| What needs to be done |
Provide the number of lines in the entries below containing "filename", with no further words.

| Supplied information |
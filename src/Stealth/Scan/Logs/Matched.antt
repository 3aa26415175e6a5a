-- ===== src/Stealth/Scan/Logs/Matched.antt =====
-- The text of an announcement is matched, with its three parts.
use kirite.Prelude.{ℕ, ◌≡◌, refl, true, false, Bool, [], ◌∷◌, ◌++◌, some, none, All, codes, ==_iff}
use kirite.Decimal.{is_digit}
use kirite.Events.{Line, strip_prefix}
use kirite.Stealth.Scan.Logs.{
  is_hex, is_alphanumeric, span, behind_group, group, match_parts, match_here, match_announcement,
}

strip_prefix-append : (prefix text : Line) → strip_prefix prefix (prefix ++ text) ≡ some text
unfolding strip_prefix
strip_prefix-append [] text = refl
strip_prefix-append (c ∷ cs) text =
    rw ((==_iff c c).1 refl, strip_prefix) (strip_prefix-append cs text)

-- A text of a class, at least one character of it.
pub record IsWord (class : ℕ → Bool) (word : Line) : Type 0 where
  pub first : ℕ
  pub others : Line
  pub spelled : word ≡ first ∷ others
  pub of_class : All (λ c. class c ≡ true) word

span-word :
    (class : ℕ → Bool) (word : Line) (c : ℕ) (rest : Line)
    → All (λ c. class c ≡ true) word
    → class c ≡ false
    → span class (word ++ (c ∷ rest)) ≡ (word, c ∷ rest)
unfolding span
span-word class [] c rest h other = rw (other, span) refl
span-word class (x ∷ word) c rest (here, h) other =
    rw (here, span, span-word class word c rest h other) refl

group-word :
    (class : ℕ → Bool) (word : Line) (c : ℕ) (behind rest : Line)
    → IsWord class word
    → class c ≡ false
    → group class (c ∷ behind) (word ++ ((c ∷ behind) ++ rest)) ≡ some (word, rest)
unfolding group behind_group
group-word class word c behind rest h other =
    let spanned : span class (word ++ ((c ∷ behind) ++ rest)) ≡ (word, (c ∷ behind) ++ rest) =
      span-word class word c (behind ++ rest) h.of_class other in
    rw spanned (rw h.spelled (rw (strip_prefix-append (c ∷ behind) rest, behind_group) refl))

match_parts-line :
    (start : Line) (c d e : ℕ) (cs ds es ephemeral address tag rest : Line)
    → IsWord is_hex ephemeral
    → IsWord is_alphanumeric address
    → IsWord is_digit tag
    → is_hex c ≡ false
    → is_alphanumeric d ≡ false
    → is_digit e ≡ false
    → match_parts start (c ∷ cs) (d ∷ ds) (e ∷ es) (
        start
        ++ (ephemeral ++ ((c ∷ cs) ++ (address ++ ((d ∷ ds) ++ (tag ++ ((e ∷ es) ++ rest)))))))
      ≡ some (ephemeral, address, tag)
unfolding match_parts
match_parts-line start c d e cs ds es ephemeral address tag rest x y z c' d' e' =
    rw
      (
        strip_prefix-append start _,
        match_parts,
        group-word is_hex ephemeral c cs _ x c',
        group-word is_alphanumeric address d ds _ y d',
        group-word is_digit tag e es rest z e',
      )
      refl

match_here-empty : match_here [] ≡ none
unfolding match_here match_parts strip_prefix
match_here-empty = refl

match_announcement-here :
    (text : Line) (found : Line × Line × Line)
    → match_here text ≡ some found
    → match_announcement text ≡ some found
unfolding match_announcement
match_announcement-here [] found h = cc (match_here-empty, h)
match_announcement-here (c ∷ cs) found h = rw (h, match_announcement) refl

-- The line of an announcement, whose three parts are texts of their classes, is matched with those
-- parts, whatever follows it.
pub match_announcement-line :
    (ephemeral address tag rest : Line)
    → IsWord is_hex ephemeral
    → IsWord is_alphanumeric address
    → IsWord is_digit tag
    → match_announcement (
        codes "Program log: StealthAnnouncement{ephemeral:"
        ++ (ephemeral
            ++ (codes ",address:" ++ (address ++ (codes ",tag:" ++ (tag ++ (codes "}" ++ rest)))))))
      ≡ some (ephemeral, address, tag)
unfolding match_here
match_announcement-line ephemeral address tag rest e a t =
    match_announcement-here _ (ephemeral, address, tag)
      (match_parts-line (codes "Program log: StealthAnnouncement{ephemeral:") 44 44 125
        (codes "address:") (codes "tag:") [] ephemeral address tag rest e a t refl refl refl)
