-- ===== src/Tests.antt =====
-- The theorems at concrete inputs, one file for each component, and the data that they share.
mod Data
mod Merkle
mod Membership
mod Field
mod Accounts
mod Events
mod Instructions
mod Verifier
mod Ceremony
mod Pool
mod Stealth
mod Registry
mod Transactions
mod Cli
==
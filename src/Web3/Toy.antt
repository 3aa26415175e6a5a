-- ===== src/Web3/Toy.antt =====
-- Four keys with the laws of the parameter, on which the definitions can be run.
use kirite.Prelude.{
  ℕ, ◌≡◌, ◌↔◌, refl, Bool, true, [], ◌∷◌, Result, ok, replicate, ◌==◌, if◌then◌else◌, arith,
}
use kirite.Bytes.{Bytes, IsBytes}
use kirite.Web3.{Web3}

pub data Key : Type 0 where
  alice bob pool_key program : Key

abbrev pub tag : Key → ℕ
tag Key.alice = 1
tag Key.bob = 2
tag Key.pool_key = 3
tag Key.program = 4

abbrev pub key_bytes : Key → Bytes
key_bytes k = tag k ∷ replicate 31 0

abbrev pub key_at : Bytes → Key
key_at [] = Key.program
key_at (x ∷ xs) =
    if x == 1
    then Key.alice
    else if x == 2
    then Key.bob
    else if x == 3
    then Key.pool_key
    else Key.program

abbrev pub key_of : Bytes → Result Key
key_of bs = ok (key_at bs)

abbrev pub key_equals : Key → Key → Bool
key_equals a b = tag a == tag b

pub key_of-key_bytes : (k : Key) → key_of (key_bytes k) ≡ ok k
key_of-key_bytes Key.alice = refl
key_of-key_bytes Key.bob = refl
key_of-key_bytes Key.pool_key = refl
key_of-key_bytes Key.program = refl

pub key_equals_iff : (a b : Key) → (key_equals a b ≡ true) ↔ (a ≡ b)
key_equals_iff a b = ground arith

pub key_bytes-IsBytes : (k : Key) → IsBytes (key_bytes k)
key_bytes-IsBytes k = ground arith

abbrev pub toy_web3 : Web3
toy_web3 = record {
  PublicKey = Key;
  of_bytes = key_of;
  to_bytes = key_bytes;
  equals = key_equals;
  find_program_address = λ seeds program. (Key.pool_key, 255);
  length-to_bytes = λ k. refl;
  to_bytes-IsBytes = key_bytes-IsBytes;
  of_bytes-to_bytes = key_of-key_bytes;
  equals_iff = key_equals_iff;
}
--
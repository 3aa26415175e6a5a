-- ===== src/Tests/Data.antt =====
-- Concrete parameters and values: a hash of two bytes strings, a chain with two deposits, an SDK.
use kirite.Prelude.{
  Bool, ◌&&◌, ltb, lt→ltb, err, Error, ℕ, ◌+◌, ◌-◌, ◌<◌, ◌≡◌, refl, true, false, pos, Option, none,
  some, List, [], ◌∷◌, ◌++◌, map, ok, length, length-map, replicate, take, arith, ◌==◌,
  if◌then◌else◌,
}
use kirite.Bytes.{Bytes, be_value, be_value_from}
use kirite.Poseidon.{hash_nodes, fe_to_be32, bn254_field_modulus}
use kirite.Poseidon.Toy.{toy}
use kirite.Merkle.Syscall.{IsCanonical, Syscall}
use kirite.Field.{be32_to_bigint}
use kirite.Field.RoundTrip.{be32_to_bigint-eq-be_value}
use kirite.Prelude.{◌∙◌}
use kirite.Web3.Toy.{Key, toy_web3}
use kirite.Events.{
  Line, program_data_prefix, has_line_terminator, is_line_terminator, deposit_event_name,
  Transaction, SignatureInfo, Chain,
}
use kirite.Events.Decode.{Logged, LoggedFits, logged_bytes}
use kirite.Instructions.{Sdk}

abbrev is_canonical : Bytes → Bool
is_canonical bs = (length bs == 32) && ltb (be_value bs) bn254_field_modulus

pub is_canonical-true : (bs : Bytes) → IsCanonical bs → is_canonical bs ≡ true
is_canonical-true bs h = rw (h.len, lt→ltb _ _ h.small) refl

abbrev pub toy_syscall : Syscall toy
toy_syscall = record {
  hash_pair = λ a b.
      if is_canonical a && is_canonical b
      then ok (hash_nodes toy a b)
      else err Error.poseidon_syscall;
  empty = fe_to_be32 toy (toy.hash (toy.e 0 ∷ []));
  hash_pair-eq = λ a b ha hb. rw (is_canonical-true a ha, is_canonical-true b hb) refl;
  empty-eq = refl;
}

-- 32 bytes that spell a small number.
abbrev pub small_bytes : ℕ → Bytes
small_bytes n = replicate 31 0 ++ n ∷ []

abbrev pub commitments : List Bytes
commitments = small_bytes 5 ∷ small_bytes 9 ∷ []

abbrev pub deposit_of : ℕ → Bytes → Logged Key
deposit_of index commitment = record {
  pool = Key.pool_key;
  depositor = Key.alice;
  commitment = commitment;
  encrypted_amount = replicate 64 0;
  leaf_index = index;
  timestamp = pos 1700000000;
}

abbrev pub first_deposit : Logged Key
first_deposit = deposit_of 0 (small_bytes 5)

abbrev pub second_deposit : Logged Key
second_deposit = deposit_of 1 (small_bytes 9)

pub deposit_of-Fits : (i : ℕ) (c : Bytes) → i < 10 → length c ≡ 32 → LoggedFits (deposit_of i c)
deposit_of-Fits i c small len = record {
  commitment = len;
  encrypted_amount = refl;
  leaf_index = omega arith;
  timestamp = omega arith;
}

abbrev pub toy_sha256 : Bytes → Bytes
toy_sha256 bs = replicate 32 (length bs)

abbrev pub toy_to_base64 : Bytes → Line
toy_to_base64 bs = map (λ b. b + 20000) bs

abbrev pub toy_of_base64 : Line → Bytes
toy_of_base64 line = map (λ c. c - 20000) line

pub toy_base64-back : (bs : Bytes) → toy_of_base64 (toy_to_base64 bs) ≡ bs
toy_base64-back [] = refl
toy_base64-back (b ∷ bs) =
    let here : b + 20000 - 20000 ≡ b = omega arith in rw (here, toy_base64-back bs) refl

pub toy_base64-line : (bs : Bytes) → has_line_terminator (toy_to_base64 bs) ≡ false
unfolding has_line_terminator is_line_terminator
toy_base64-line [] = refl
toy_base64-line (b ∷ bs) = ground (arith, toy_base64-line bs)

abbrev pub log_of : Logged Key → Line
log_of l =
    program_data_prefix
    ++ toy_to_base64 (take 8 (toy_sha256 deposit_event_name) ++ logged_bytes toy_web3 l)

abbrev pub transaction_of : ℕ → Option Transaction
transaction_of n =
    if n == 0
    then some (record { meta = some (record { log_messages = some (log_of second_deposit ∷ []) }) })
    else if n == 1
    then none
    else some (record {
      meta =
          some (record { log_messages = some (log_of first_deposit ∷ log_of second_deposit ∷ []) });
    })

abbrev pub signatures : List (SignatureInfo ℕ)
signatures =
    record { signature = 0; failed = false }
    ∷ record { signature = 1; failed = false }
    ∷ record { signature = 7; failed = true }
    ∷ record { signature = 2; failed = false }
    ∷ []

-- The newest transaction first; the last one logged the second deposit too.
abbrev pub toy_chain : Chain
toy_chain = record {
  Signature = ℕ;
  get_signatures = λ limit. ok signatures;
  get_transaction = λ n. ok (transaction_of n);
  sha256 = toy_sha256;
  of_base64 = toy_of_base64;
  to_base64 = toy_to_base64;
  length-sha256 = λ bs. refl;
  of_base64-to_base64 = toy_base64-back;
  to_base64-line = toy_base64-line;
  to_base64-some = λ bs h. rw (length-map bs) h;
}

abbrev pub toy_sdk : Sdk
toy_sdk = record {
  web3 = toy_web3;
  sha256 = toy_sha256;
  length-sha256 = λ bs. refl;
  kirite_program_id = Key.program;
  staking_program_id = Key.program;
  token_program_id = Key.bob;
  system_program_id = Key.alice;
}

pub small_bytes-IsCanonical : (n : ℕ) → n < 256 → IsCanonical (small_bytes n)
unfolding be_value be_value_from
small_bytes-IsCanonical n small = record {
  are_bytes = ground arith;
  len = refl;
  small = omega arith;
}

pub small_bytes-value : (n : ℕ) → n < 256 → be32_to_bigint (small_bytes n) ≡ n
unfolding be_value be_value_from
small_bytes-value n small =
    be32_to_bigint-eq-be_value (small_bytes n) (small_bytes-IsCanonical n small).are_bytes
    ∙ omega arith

| Solution below |
2